PHOENIX — Unwilling to consider a gas-tax increase, Gov. Doug Ducey is now counting on the Trump administration to help Arizona deal with its road construction needs.
Or at least a small percentage of them.
The governor has submitted a wish list of more than $500 million worth of projects to the White House that he hopes will be included in the president’s grand plans for major infrastructure improvements.
Most of them involve upgrades to existing roads, with improvement of Interstate 10, largely in the Phoenix area, at the top of the list.
There’s also a request for $135 million to improve Arizona 189, the three-mile stretch of road that connects I-19 with the international border.
The governor’s bid for money from Washington does not end with pavement.
He wants $38.5 million to test for — and fix if necessary — lead in water that children are drinking at perhaps a quarter of the state’s schools, which have old pipes; and another $8.4 million to keep children at 26 schools from inhaling mercury vapor from rubber flooring.
Ducey hopes for $17.5 million to replace aging air conditioning units at schools.
Among other requests, he also wants up to $3.6 million to cap more than 2,000 open wells in the state. “Open wells create a safety hazard in Arizona,” the Governor’s Office said in its submission.
Ducey’s request for federal road funds comes after a legislative panel issued a report putting the state’s immediate unmet road-funding needs at about $20 billion.
Working with that, several lawmakers have crafted ways to help raise the money. Rep. Noel Campbell, R-Prescott, proposed increasing the state’s 18-cent-a-gallon gasoline tax, which has remained unchanged since 1992. Ducey dismissed that out of hand.
“I’m opposed to raising taxes,” Ducey said Thursday, while conceding that the state has unfunded transportation needs.
“I’m not opposed to investing in roads and bridges,” he said. He cited the $86 million that was added in this year’s budget to the Highway User Revenue Fund, the account that finances such improvements.
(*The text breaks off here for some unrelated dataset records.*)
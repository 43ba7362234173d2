-- ===== src/Schedule/Pace.antt =====
-- src/policy.rs, `maybe_auto_snapshot` after one that took a snapshot.
use soal.Base.{
  ℕ, ◌+◌, ◌<◌, ◌≤◌, ◌≡◌, ◌≢◌, refl, ap, ◌∙◌, subst, true, false, Bytes, Option, none, some, Result,
  ok, err, panic, arith, Bool-cases, inl, inr, ◌⊎◌,
}
use soal.Content.{ContentHash}
use soal.Content.Hex.{to_hex}
use soal.Disk.{Disk, Io, ◌>>=◌, bind_at, pure, quiet}
use soal.Disk.Triples.{Files, After}
use soal.Disk.Quiet.{>>=-eq-ok}
use soal.Disk.Replace.{replace-Triple}
use soal.Map.{lookup}
use soal.Policy.{VaultPolicy, PolicyState, snapshot_due}
use soal.Policy.Registry.{
  Json, load_state, save_state, load_or, from_json, state_file, tmp_of, register_snapshot,
  apply_retention,
}
use soal.Policy.Registry.Parsed.{parse_file-some, exists-some}
use soal.Vault.{Crates, Vault}
use soal.Vault.Edit.{snapshot}
use soal.Vault.Heads.{head}
use soal.Schedule.{
  snapped, auto_message, auto_snapshot, snapshot_of_head, snapshot_if_due, maybe_auto_snapshot,
}

-- `serde_json` reads back what it has written.
abbrev pub ReadsBack : {A : Type 0} → Json A → Type 0
ReadsBack {A} json = (a : A) → json.from_str (json.to_string a) ≡ some a

-- Where saving returns, the file holds the state.
saved_state :
    (json : Json PolicyState) (s : PolicyState) (d d' : Disk)
    → save_state json s d ≡ (ok tt, d')
    → lookup state_file d'.files ≡ some (json.to_string s)
unfolding save_state After
saved_state json s d d' e = there (save_state json s d) e (
    (replace-Triple (tmp_of state_file) state_file (json.to_string s) (λ e. cc)
        (lookup state_file d.files)).run
      d refl)
  where
    there :
        (r : Result (Unit {0}) × Disk)
        → r ≡ (ok tt, d')
        → After
            (λ _ m. lookup state_file m ≡ some (json.to_string s))
            (λ m. lookup state_file m ≡ lookup state_file d.files)
            r
        → lookup state_file d'.files ≡ some (json.to_string s)
    there r p h = subst (After (λ _ m. lookup state_file m ≡ some (json.to_string s)) _) p h

load_saved :
    (json : Json PolicyState) (s : PolicyState) (m : Files)
    → json.from_str (json.to_string s) ≡ some s
    → lookup state_file m ≡ some (json.to_string s)
    → load_state json (quiet m) ≡ (ok s, quiet m)
unfolding load_state load_or
load_saved json s m e f =
    rw (exists-some json state_file (json.to_string s) m f)
      (parse_file-some json state_file (json.to_string s) m f ∙ ap (λ o. (from_json o, quiet m)) e)

never_none : (m : Io ContentHash) (d : Disk) → ((m >>= λ h. pure (some h)) d).0 ≢ ok none
unfolding ◌>>=◌ bind_at pure
never_none m d = go (m d)
  where
    go : (r : Result ContentHash × Disk) → (bind_at r (λ h. pure (some h))).0 ≢ ok none
    go (ok h, e) f = cc
    go (err x, e) f = cc
    go (panic, e) f = cc

module _ (crates : Crates) (vault : Vault) (policy : VaultPolicy) (now : ℕ) (prefix : Bytes) where
  open crates use {hex}

  -- What a run that took a snapshot leaves as its state.
  record Took (d' : Disk) : Type 0 where
    state : PolicyState
    digits : Bytes
    there :
        lookup state_file d'.files ≡ some (crates.state_json.to_string (snapped state now digits))
    timed : ¬ (policy.snapshot_interval_secs ≡ 0)

  auto_snapshot-Took :
      (msg : Bytes) (state : PolicyState) (h : ContentHash) (d d' : Disk)
      → ¬ (policy.snapshot_interval_secs ≡ 0)
      → auto_snapshot crates vault policy now msg state d ≡ (ok h, d')
      → Took d'
  unfolding auto_snapshot pure
  auto_snapshot-Took msg state h d d' timed e =
      let (h1, d1, _, e1) = >>=-eq-ok (snapshot crates vault now msg) _ e in
      let (_, d2, _, e2) =
        >>=-eq-ok (register_snapshot crates.snapshots_json hex now h1 msg true) _ e1 in
      let (_, d3, _, e3) = >>=-eq-ok (apply_retention crates.snapshots_json policy) _ e2 in
      let (_, d4, s, e4) =
        >>=-eq-ok (save_state crates.state_json (snapped state now (to_hex hex h1))) _ e3 in
      record {
        state = state;
        digits = to_hex hex h1;
        there =
            subst
              (λ (x : Disk).
                lookup state_file x.files
                ≡ some (crates.state_json.to_string (snapped state now (to_hex hex h1))))
              (ap (λ p. p.1) e4) (saved_state crates.state_json _ d3 d4 s);
        timed = timed;
      }

  snapshot_of_head-Took :
      (msg : Bytes) (state : PolicyState) (o : Option ContentHash) (h : ContentHash) (d d' : Disk)
      → ¬ (policy.snapshot_interval_secs ≡ 0)
      → snapshot_of_head crates vault policy now msg state o d ≡ (ok (some h), d')
      → Took d'
  unfolding snapshot_of_head pure
  snapshot_of_head-Took msg state none h d d' timed e = cc
  snapshot_of_head-Took msg state (some current) h d d' timed e =
      let (h1, d1, e1, f) =
        >>=-eq-ok (auto_snapshot crates vault policy now (auto_message crates msg now) state) _ e in
      subst Took (ap (λ p. p.1) f)
        (auto_snapshot-Took (auto_message crates msg now) state h1 d d1 timed e1)

  maybe_auto_snapshot-Took :
      (h : ContentHash) (d d' : Disk)
      → maybe_auto_snapshot crates vault policy now prefix d ≡ (ok (some h), d')
      → Took d'
  unfolding maybe_auto_snapshot snapshot_if_due pure
  maybe_auto_snapshot-Took h d d' e =
      let (state, d1, _, e1) = >>=-eq-ok (load_state crates.state_json) _ e in
      elim (Bool-cases (snapshot_due policy state now)) [
        | inr p ↦ absurd (skipped d1 (rw p at e1))
        | inl p ↦
            let (o, d2, _, e2) = >>=-eq-ok (head crates) _ (rw p at e1) in
            snapshot_of_head-Took prefix state o h d2 d' (timed state p) e2
      ]
    where
      skipped :
          (d1 : Disk)
          → ◌≡◌ {A = Result (Option ContentHash) × Disk} (ok none, d1) (ok (some h), d')
          → ⊥
      skipped d1 e = cc

      timed :
          (state : PolicyState)
          → snapshot_due policy state now ≡ true
          → ¬ (policy.snapshot_interval_secs ≡ 0)
      timed state p z = unfold snapshot_due in ground (arith, p, z)

  early_if :
      (s : PolicyState) (digits : Bytes) (t : ℕ)
      → ¬ (policy.snapshot_interval_secs ≡ 0)
      → ¬ (now ≡ 0)
      → now ≤ t
      → snapshot_due policy (snapped s now digits) t ≡ false
      → t < now + policy.snapshot_interval_secs
  unfolding snapshot_due snapped
  early_if s digits t timed late after e = ground (arith, timed, late, after, e)

  due_if :
      (s : PolicyState) (digits : Bytes) (t : ℕ)
      → ¬ (policy.snapshot_interval_secs ≡ 0)
      → ¬ (now ≡ 0)
      → now ≤ t
      → snapshot_due policy (snapped s now digits) t ≡ true
      → now + policy.snapshot_interval_secs ≤ t
  unfolding snapshot_due snapped
  due_if s digits t timed late after e = ground (arith, timed, late, after, e)

  -- Where the state's JSON text reads back, and after a maybe_auto_snapshot at a time other than 0
  -- that took a snapshot, whichever calls failed, and where head then finds a commit: at a later or
  -- the same time, with no failing call, maybe_auto_snapshot reports none and leaves the disk as it
  -- is if less than the interval has passed; else it does what auto_snapshot does at that time with
  -- the state that load_state then returns, and does not report none.
  pub maybe_auto_snapshot-pace :
      (h g : ContentHash) (d d' : Disk) (prefix' : Bytes) (t : ℕ)
      → ReadsBack crates.state_json
      → ¬ (now ≡ 0)
      → maybe_auto_snapshot crates vault policy now prefix d ≡ (ok (some h), d')
      → head crates (quiet d'.files) ≡ (ok (some g), quiet d'.files)
      → now ≤ t
      → ((t < now + policy.snapshot_interval_secs)
          × (maybe_auto_snapshot crates vault policy t prefix' (quiet d'.files)
              ≡ (ok none, quiet d'.files)))
        ⊎ ((now + policy.snapshot_interval_secs ≤ t)
            × ((maybe_auto_snapshot crates vault policy t prefix' (quiet d'.files)).0 ≢ ok none)
            × ((state : PolicyState) × (load_state crates.state_json (quiet d'.files)
                  ≡ (ok state, quiet d'.files))
                × (maybe_auto_snapshot crates vault policy t prefix' (quiet d'.files)
                    ≡ (auto_snapshot crates vault policy t (auto_message crates prefix' t) state
                          >>= (λ h. pure (some h)))
                        (quiet d'.files))))
  unfolding maybe_auto_snapshot snapshot_if_due snapshot_of_head ◌>>=◌ bind_at pure
  maybe_auto_snapshot-pace h g d d' prefix' t back late e headed after =
      let took = maybe_auto_snapshot-Took h d d' e in
      let s = snapped took.state now took.digits in
      let loaded : load_state crates.state_json (quiet d'.files) ≡ (ok s, quiet d'.files) =
        load_saved crates.state_json s d'.files (back s) took.there in
      elim (Bool-cases (snapshot_due policy s t)) [
        | inr p ↦
            inl (early_if took.state took.digits t took.timed late after p, rw (loaded, p) refl)
        | inl p ↦ inr (
          due_if took.state took.digits t took.timed late after p,
          taken s p loaded,
          (s, loaded, rw (loaded, p, headed) refl),
        )
      ]
    where
      taken :
          (s : PolicyState)
          → snapshot_due policy s t ≡ true
          → load_state crates.state_json (quiet d'.files) ≡ (ok s, quiet d'.files)
          → (maybe_auto_snapshot crates vault policy t prefix' (quiet d'.files)).0 ≢ ok none
      taken s p loaded f =
          never_none (auto_snapshot crates vault policy t (auto_message crates prefix' t) s)
            (quiet d'.files) (rw (loaded, p, headed) at f)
Only thing is, that was a one-time cash infusion. The governor’s budget for the coming fiscal year takes back those dollars. Ducey said he’s doing what he can with the dollars that are available.
“This year we put money into schools and to teachers and into education,” he said. “The state has a lot of needs. We’re going to focus in a slowly growing economy on improving the state and the quality of life in the state.”
And Ducey, newly back from the National Governors Association, thinks Arizona can get money from elsewhere.
“One of the most promising things I heard back in Washington, D.C., was this idea of partnership with the states and with governors on the president’s infrastructure plan,” he said. “I know there’s a lot of big numbers being thrown around.”
Trump is reportedly weighing projects totaling $137 billion.
The governor conceded that it’s a long way between putting in a wish list and getting federal dollars back. “That may be a bridge too far immediately,” Ducey said. “But it will take a partnership.”
For now, the idea of raising the state gas tax is dead.
Campbell got the measure through the House Transportation Committee, which he chairs, on a 7-1 vote. But it got squashed when Rep. Michelle Ugenti-Rita, R-Scottsdale, refused to give it a hearing in the Ways and Means Committee through which all tax bills must pass.
That hasn’t stopped other lawmakers from looking for ways to finance roads. Last month the Senate voted to give county officials the power to ask their local voters whether to impose their own dime-a-gallon gas increase for up to 20 years. Revenues would be earmarked for road projects.
The future of that, however, remains unclear. First the measure, like the now-dead Campbell proposal, would need to pass through the House Ways and Means Committee. Ugenti-Rita did not immediately return calls on whether she is willing to give the measure a hearing.
If it survives that process, it would have to go to Ducey. Gubernatorial press aide Daniel Scarpinato was noncommittal Thursday. “We’d have to see the specific legislation,” he said. “But he’s generally opposed to efforts that would result in higher taxes.”